Neitzsche also rejected anti-foundationalism's finding that human beings, as a social biological species include within their nature pro-social motives. He instead held onto the foundationalist doctrine that human bodies, as material, must be utterly selfish and wildly irrational. As a consequence he also held to a foundationalist view of human society being an unnatural imposition held in place by power and mystification. And of course he rejected science as having any ability to over-rule his foundationalist views. All of this is expressed in his existentialism, and while he affirmed human finitude, at the same time he is clearly trying to set himself up as a god (see Thus Spake Zarathurstra), though he had the honesty to see that this effort must fail.

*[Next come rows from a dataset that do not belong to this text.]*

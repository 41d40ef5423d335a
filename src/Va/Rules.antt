-- ===== src/Va/Rules.antt =====
-- The rules that VA-API has for the calls of ubuntu/src/encoder.c, as an observer of them.
use mathlib.Core.List.{Memᴰ}
use native.Mathlib.Omega.{arith}
use display_bridge.Prelude.{
  ◌||◌, Bool-cases, inl, inr, ℕ, ◌≡◌, refl, sym, ap, ap₂, ◌∙◌, Bool, true, false, not, ◌&&◌, Option,
  none, some, List, [], ◌∷◌, if◌then◌else◌, get_or, and_both,
}
use display_bridge.Calls.Held.{Named, is_held, all_held, acquire, release, same_held, same_held→≡}
use display_bridge.Va.{
  Handle, drm_fd, va_display, config_id, recon_surfaces, context_id, coded_buf, conv_buf, input,
  va_image, va_image_buf, seq_buf, param_buf, data_buf, rc_buf, hrd_buf, fr_buf, pic_buf, slice_buf,
  VaCall, open_node, close_node, get_display, initialize, terminate, create_config, destroy_config,
  create_surfaces, import_surface, destroy_surfaces, create_context, destroy_context, derive_image,
  destroy_image, create_buffer, map_buffer, unmap_buffer, destroy_buffer, fill, copy_rows,
  begin_picture, end_picture, sync_surface, render_picture, malloc, free, store_bytes, stray_store,
}

abbrev number : Handle → ℕ
number drm_fd = 0
number va_display = 1
number config_id = 2
number recon_surfaces = 3
number context_id = 4
number coded_buf = 5
number conv_buf = 6
number input = 7
number va_image = 8
number va_image_buf = 9
number seq_buf = 10
number param_buf = 11
number data_buf = 12
number rc_buf = 13
number hrd_buf = 14
number fr_buf = 15
number pic_buf = 16
number slice_buf = 17

abbrev all_handles : List Handle
all_handles =
    drm_fd ∷ va_display ∷ config_id ∷ recon_surfaces ∷ context_id ∷ coded_buf ∷ conv_buf ∷ input
    ∷ va_image ∷ va_image_buf ∷ seq_buf ∷ param_buf ∷ data_buf ∷ rc_buf ∷ hrd_buf ∷ fr_buf ∷ pic_buf
    ∷ slice_buf ∷ []

abbrev name : ℕ → Handle
name n = get_or all_handles n drm_fd

pub name-number : (h : Handle) → name (number h) ≡ h
name-number drm_fd = refl
name-number va_display = refl
name-number config_id = refl
name-number recon_surfaces = refl
name-number context_id = refl
name-number coded_buf = refl
name-number conv_buf = refl
name-number input = refl
name-number va_image = refl
name-number va_image_buf = refl
name-number seq_buf = refl
name-number param_buf = refl
name-number data_buf = refl
name-number rc_buf = refl
name-number hrd_buf = refl
name-number fr_buf = refl
name-number pic_buf = refl
name-number slice_buf = refl

abbrev pub handles : Named Handle
handles = record { number = number; name = name; name-number = name-number }

-- What is live, what of it is mapped, and whether a picture is begun.
pub record VaState : Type 0 where
  pub live : List Handle
  pub mapped : List Handle
  pub in_picture : Bool

abbrev with_live : VaState → Option (List Handle) → Option VaState
with_live s none = none
with_live s (some hs) = some (record s { live = hs })

abbrev with_mapped : VaState → Option (List Handle) → Option VaState
with_mapped s none = none
with_mapped s (some hs) = some (record s { mapped = hs })

-- A call that needs some handles, and what it does.
abbrev needs : VaState → List Handle → Option VaState → Option VaState
needs s hs o = if all_held handles hs s.live then o else none

abbrev creates : VaState → Handle → Bool → Option VaState
creates s h true = with_live s (acquire handles h s.live)
creates s h false = some s

-- A mapped buffer is not destroyed.
abbrev destroys : VaState → Handle → Option VaState
destroys s h = if is_held handles h s.mapped then none else with_live s (release handles h s.live)

abbrev maps : VaState → Handle → Bool → Option VaState
maps s h true = with_mapped s (acquire handles h s.mapped)
maps s h false = some s

abbrev unmaps : VaState → Handle → Option VaState
unmaps s h = with_mapped s (release handles h s.mapped)

abbrev writes : VaState → Handle → Option VaState
writes s h = if is_held handles h s.mapped then some s else none

abbrev begins : VaState → Bool → Option VaState
begins s b = if s.in_picture then none else some (record s { in_picture = b })

abbrev pub watch : VaState → VaCall → Bool → Option VaState
watch s (open_node path) b = creates s drm_fd b
watch s close_node b = destroys s drm_fd
watch s get_display b = needs s (drm_fd ∷ []) (some s)
watch s initialize b = needs s (drm_fd ∷ []) (creates s va_display b)
watch s terminate b = needs s (drm_fd ∷ []) (destroys s va_display)
watch s create_config b = needs s (va_display ∷ []) (creates s config_id b)
watch s destroy_config b = needs s (va_display ∷ []) (destroys s config_id)
watch s (create_surfaces h w k) b = needs s (va_display ∷ []) (creates s h b)
watch s (import_surface desc) b = needs s (va_display ∷ []) (creates s input b)
watch s (destroy_surfaces h) b = needs s (va_display ∷ []) (destroys s h)
watch s (create_context w k) b =
    needs s (va_display ∷ config_id ∷ recon_surfaces ∷ []) (creates s context_id b)
watch s destroy_context b = needs s (va_display ∷ []) (destroys s context_id)
watch s derive_image b = needs s (va_display ∷ input ∷ []) (creates s va_image b)
watch s destroy_image b =
    if is_held handles va_image_buf s.mapped
    then none
    else needs s (va_display ∷ []) (destroys s va_image)
watch s (create_buffer h contents) b = needs s (va_display ∷ context_id ∷ []) (creates s h b)
watch s (map_buffer va_image_buf) b = needs s (va_display ∷ va_image ∷ []) (maps s va_image_buf b)
watch s (map_buffer h) b = needs s (va_display ∷ h ∷ []) (maps s h b)
watch s (unmap_buffer h) b = needs s (va_display ∷ []) (unmaps s h)
watch s (destroy_buffer h) b = needs s (va_display ∷ []) (destroys s h)
watch s (fill h contents) b = writes s h
watch s (copy_rows h rows) b = writes s h
watch s begin_picture b = needs s (va_display ∷ context_id ∷ input ∷ []) (begins s b)
watch s (render_picture hs) b =
    if s.in_picture then needs s (va_display ∷ context_id ∷ hs) (some s) else none
watch s end_picture b =
    if s.in_picture
    then needs s (va_display ∷ context_id ∷ []) (some (record s { in_picture = false }))
    else none
watch s sync_surface b = needs s (va_display ∷ input ∷ []) (some s)
watch s (malloc size) b = creates s conv_buf b
watch s free b = destroys s conv_buf
watch s (store_bytes stores) b = needs s (conv_buf ∷ []) (some s)
watch s stray_store b = none

abbrev same_bool : Bool → Bool → Bool
same_bool true b = b
same_bool false b = not b

-- Whether two states are the same.
abbrev pub same_state : VaState → VaState → Bool
same_state s t =
    same_held handles s.live t.live
    && (same_held handles s.mapped t.mapped && same_bool s.in_picture t.in_picture)

same_bool→≡ : (a b : Bool) → same_bool a b ≡ true → a ≡ b
same_bool→≡ true true h = refl
same_bool→≡ true false h = sym h
same_bool→≡ false true h = h
same_bool→≡ false false h = refl

abbrev state : List Handle → List Handle → Bool → VaState
state live mapped in_picture = record { live = live; mapped = mapped; in_picture = in_picture }

path_of : {a b c d : List Handle} {i j : Bool} → a ≡ b → c ≡ d → i ≡ j → state a c i ≡ state b d j
path_of {b} {d} {i} p q r = ap₂ (λ x y. state x y i) p q ∙ ap (state b d) r

pub same_state→≡ : (s t : VaState) → same_state s t ≡ true → s ≡ t
same_state→≡ s t h =
    let first =
      and_both (same_held handles s.live t.live)
        (same_held handles s.mapped t.mapped && same_bool s.in_picture t.in_picture) h in
    let second =
      and_both (same_held handles s.mapped t.mapped) (same_bool s.in_picture t.in_picture)
        first.1 in
    path_of (same_held→≡ handles s.live t.live first.0)
      (same_held→≡ handles s.mapped t.mapped second.0)
      (same_bool→≡ s.in_picture t.in_picture second.1)

-- One of some states.
abbrev pub one_of : List VaState → VaState → Bool
one_of [] t = false
one_of (u ∷ us) t = same_state t u || one_of us t

abbrev pub all_of : (VaState → Bool) → List VaState → Bool
all_of f [] = true
all_of f (u ∷ us) = f u && all_of f us

pub one_of→Memᴰ : (us : List VaState) (t : VaState) → one_of us t ≡ true → Memᴰ t us
one_of→Memᴰ [] t h = ground arith
one_of→Memᴰ (u ∷ us) t h = elim (Bool-cases (same_state t u)) [
  | inl e ↦ Memᴰ.head (same_state→≡ t u e)
  | inr e ↦ Memᴰ.tail (one_of→Memᴰ us t (sym (ap (λ b. b || one_of us t) e) ∙ h))
]

all_of-Memᴰ :
    (f : VaState → Bool) (us : List VaState) (t : VaState)
    → all_of f us ≡ true
    → Memᴰ t us
    → f t ≡ true
all_of-Memᴰ f [] t h m = elim m [ ]
all_of-Memᴰ f (u ∷ us) t h (Memᴰ.head e) = ap f e ∙ (and_both (f u) (all_of f us) h).0
all_of-Memᴰ f (u ∷ us) t h (Memᴰ.tail m) = all_of-Memᴰ f us t (and_both (f u) (all_of f us) h).1 m

pub all_of-one_of :
    (f : VaState → Bool) (us : List VaState) (t : VaState)
    → all_of f us ≡ true
    → one_of us t ≡ true
    → f t ≡ true
all_of-one_of f us t h e = all_of-Memᴰ f us t h (one_of→Memᴰ us t e)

Why did Neitzsche criticize foundationalism but still in many ways remain within it? My guess is there were a number of reasons. One would be that getting out of metaphysics is a very complex project, taking a number of geniuses, and as a mere human being he was able to get only so far in rethinking the assumptions he had been taught. In addition, Neitzsche was raised as an orthodox Christian, a religion which, as I explained in Part III, has strong similarities to foundationalist philosophy. He rejected Christianity when he was an adolescent, but it is obvious that he still operated out of much the same world view, and continued to long for a God he could believe in. A third matter is that he grew up in Germany, which was an authoritarian, non-democratic country, and so from his culture absorbed its views of human nature (an authoritarian usually is someone who honestly believes human nature is irrational and selfish, and so a good society requires a strong hand in the government).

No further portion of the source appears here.